Updated: Jul 1, 2021
Being in the restaurant industry I have always been a ultra fast eater, munching meals quickly to get done with it and get back to work. Eating slowly is such a simple concept yet seldom followed. My wife had to literally hold my hand in between bites during meals to get me into the habit. It's irritating in the start but give yourself some time and you'll see the difference once you have created the awareness. The secret is in the smaller things and this is one of the important steps in eating healthy which we often overlook because it seems so futile.
Photo by Pablo Merchán Montes
Why is it important to eat food slowly?
Think of digestion as a chain reaction. As soon as we see, smell, or think about food (step 1), we start salivating to prepare for putting that food in our mouth (step 2). Saliva contains enzymes that break the food down and moistens the mouth for easier swallowing. Meanwhile, digestive steps 3, 4, 5 etc. have to get ready to go to work. Our stomachs start to secrete more acid. Our small intestine starts to get ready and so forth. If we rush this process, we force our GI tract to deal with stuff before it’s fully prepared.
Benefits of eating slowly
One of the most important benefits of eating slowly is that it gives your body time to recognize that you’re full. It takes about twenty minutes from the start of a meal for the brain to send out signals of satiety. Most people’s meals don’t even last that long! Imagine the extra calories you could ingest simply because you didn’t allow your body time to register that it no longer required food.
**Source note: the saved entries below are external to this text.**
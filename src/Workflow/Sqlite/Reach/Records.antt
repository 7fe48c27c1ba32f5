-- ===== src/Workflow/Sqlite/Reach/Records.antt =====
-- Reservations, completions and the well-formed tables `idempotency_records`.
use nl2data_core.Common.{
  then_ok, bind_ok, ok_injective, ℕ, ◌≡◌, refl, sym, ap, ◌∙◌, inl, inr, Bool-cases, Bool, true,
  false, ◌&&◌, not, Option, none, some, List, [], ◌∷◌, ◌++◌, String, ok, arith, All, All-append,
  str_eq, if◌then◌else◌, is_some, subst,
}
use nl2data_core.Common.Text.{is_fingerprint}
use nl2data_core.Workflow.Snapshot.{Iso}
use nl2data_core.Workflow.Sqlite.Idempotency.{
  reserved, completed, IdempotencyRecord, Binding, select_record, validate_identity, scope_name,
  new_record, is_expired, check_binding, delete_records, update_records, reserve_selected,
  reserve_idempotency, check_completion, completed_record, complete_selected, complete_idempotency,
}
use nl2data_core.Workflow.Sqlite.Batches.{delete, delete_batch, find, IsKeyed}
use nl2data_core.Workflow.Sqlite.Batches as Batches
use nl2data_core.Workflow.Sqlite.Batches.Keyed.{
  IsKeyed-append, find-delete_self, IsKeyed-delete, All-delete, IsKeyed-update,
}
use nl2data_core.Workflow.Sqlite.Cleanup.{record_namespace, record_key, select_record-find}

-- A record has an outcome, a fingerprint, exactly when it is completed.
abbrev pub outcome_ok : IdempotencyRecord → Bool
outcome_ok r = elim r.status [
  | reserved ↦ not (is_some r.terminal_outcome_fingerprint)
  | completed ↦ elim r.terminal_outcome_fingerprint [
    | none ↦ false
    | some fingerprint ↦ is_fingerprint fingerprint
  ]
]

abbrev pub AreRecords : List IdempotencyRecord → Type 0
AreRecords rows = IsKeyed record_namespace record_key rows × All (λ r. outcome_ok r ≡ true) rows

-- The statements of the methods as those on any table.
update_records-update :
    (ns key : String) (f : IdempotencyRecord → IdempotencyRecord) (rows : List IdempotencyRecord)
    → update_records ns key f rows ≡ Batches.update record_namespace record_key ns key f rows
unfolding update_records Batches.update
update_records-update ns key f [] = refl
update_records-update ns key f (r ∷ rows) = rw (update_records-update ns key f rows) refl

delete_records-delete :
    (ns key : String) (rows : List IdempotencyRecord)
    → delete_records ns key rows ≡ delete record_namespace record_key ns key rows
unfolding delete_records delete
delete_records-delete ns key [] = refl
delete_records-delete ns key (r ∷ rows) = rw (delete_records-delete ns key rows) refl

-- A new record at a free key.
AreRecords-append :
    (now : ℕ) (ex : Option String) (ns : String) (b : Binding) (rows : List IdempotencyRecord)
    → AreRecords rows
    → find record_namespace record_key ns b.key rows ≡ none
    → AreRecords (rows ++ new_record now ex ns b ∷ [])
AreRecords-append now ex ns b rows v free = (
  IsKeyed-append record_namespace record_key rows (new_record now ex ns b) v.0 free,
  All-append (λ r. outcome_ok r ≡ true) rows (new_record now ex ns b ∷ []) v.1 (refl, tt),
)

reserve_selected-AreRecords :
    (iso : Iso) (now : ℕ) (ex : Option String) (ns : String) (b : Binding)
    (o : Option IdempotencyRecord) (rows : List IdempotencyRecord) {r : IdempotencyRecord}
    {after : List IdempotencyRecord}
    → AreRecords rows
    → select_record ns b.key rows ≡ o
    → reserve_selected iso now ex ns b o rows ≡ ok (r, after)
    → AreRecords after
unfolding reserve_selected
reserve_selected-AreRecords iso now ex ns b none rows v found h =
    subst (λ x. AreRecords x.1) (ok_injective _ refl h)
      (AreRecords-append now ex ns b rows v (sym (select_record-find ns b.key rows) ∙ found))
reserve_selected-AreRecords iso now ex ns b (some x) rows v found h =
    elim (Bool-cases (is_expired (iso.isoformat now) x)) [
      | inl over ↦
          subst (λ y. AreRecords y.1) (ok_injective _ refl (rw over at h))
            (AreRecords-append now ex ns b (delete_records ns b.key rows)
              (
                subst (IsKeyed record_namespace record_key)
                    (sym (delete_records-delete ns b.key rows))
                    (IsKeyed-delete record_namespace record_key ns b.key rows v.0),
                subst (All (λ r. outcome_ok r ≡ true)) (sym (delete_records-delete ns b.key rows)) (
                    All-delete record_namespace record_key (λ r. outcome_ok r ≡ true) ns b.key rows
                      v.1),
              )
              (ap (find record_namespace record_key ns b.key) (delete_records-delete ns b.key rows)
                ∙ find-delete_self record_namespace record_key ns b.key rows))
      | inr valid ↦
          subst (λ y. AreRecords y.1)
            (ok_injective _ refl (then_ok (check_binding b x) _ _ (rw valid at h)).1) v
    ]

pub reserve-AreRecords :
    (iso : Iso) (now : ℕ) (ex : Option String) (b : Binding) (rows : List IdempotencyRecord)
    {r : IdempotencyRecord} {after : List IdempotencyRecord}
    → AreRecords rows
    → reserve_idempotency iso now ex b rows ≡ ok (r, after)
    → AreRecords after
unfolding reserve_idempotency
reserve-AreRecords iso now ex b rows {r} {after} v h =
    let (_, rest) =
      then_ok (validate_identity b.key (some b.request_id) (some b.workflow_id) b.scope) _
        (r, after) h in
    let (ns, _, done) =
      bind_ok (scope_name b.scope)
        (λ ns. reserve_selected iso now ex ns b (select_record ns b.key rows) rows) (r, after)
        rest in
    reserve_selected-AreRecords iso now ex ns b (select_record ns b.key rows) rows v refl done

-- Completing records with a fingerprint.
outcome_ok-completed :
    (now : ℕ) (id outcome ns key : String) (rows : List IdempotencyRecord)
    → is_fingerprint outcome ≡ true
    → All (λ r. outcome_ok r ≡ true) rows
    → All (λ r. outcome_ok r ≡ true) (update_records ns key (completed_record now id outcome) rows)
unfolding update_records
outcome_ok-completed now id outcome ns key [] p h = tt
outcome_ok-completed now id outcome ns key (x ∷ rows) p h = (
  chosen (str_eq x.scope_namespace ns && str_eq x.idempotency_key key),
  outcome_ok-completed now id outcome ns key rows p h.1,
)
  where
    chosen : (b : Bool) → outcome_ok (if b then completed_record now id outcome x else x) ≡ true
    chosen true = p
    chosen false = h.0

pub complete-AreRecords :
    (now : ℕ) (key id outcome : String) (scope : Option String) (rows : List IdempotencyRecord)
    {r : IdempotencyRecord} {after : List IdempotencyRecord}
    → AreRecords rows
    → complete_idempotency now key id outcome scope rows ≡ ok (r, after)
    → AreRecords after
unfolding complete_idempotency complete_selected check_completion
complete-AreRecords now key id outcome scope rows {r} {after} v h =
    let (_, rest) = then_ok (validate_identity key none (some id) scope) _ (r, after) h in
    let (ns, _, done) =
      bind_ok (scope_name scope)
        (λ ns. complete_selected now key id outcome scope ns (select_record ns key rows) rows)
        (r, after) rest in
    written ns (select_record ns key rows) done
  where
    written :
        (ns : String) (o : Option IdempotencyRecord)
        → complete_selected now key id outcome scope ns o rows ≡ ok (r, after)
        → AreRecords after
    written ns none d = cc
    written ns (some x) d =
        let (passed, made) = then_ok (check_completion key id outcome scope x) _ (r, after) d in
        subst (λ y. AreRecords y.1) (ok_injective _ refl made)
          (
            subst (IsKeyed record_namespace record_key)
                (sym (update_records-update ns key (completed_record now id outcome) rows))
                (IsKeyed-update record_namespace record_key (completed_record now id outcome)
                  (λ y. refl) (λ y. refl) ns key rows v.0),
            outcome_ok-completed now id outcome ns key rows (ground (arith, passed)) v.1,
          )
Just remember digestion starts in your mouth and ends with a stroll. These are the two things in our control to feel light after every meal.
Some Helpful Tips for Eating Slowly
1. Put down your cutlery between bites. Take a moment. Breathe. If you’re eating with other people, enjoy making witty conversation for a few minutes.
2. Sit down to eat in a calm environment with minimal distractions. Don’t eat while driving, while watching TV, while texting, etc. Pay attention to your food.
3. Choose high-fiber foods that take more time to chew, such as fresh vegetables.
4. Try setting a minimum number of chews before you swallow. Minimum 40 chews is a good place to start. This will feel strange at first, but give it a try and see what you discover.
5. Use smaller plates or different cutlery (such as chopsticks, Spoon, Fork).
Are you a slow eater or a fast eater? Count how many times you chew before swallowing your food. Let me know in the comments.
P.S. - And most importantly food is so much more enjoyable when had slowly, isn't it?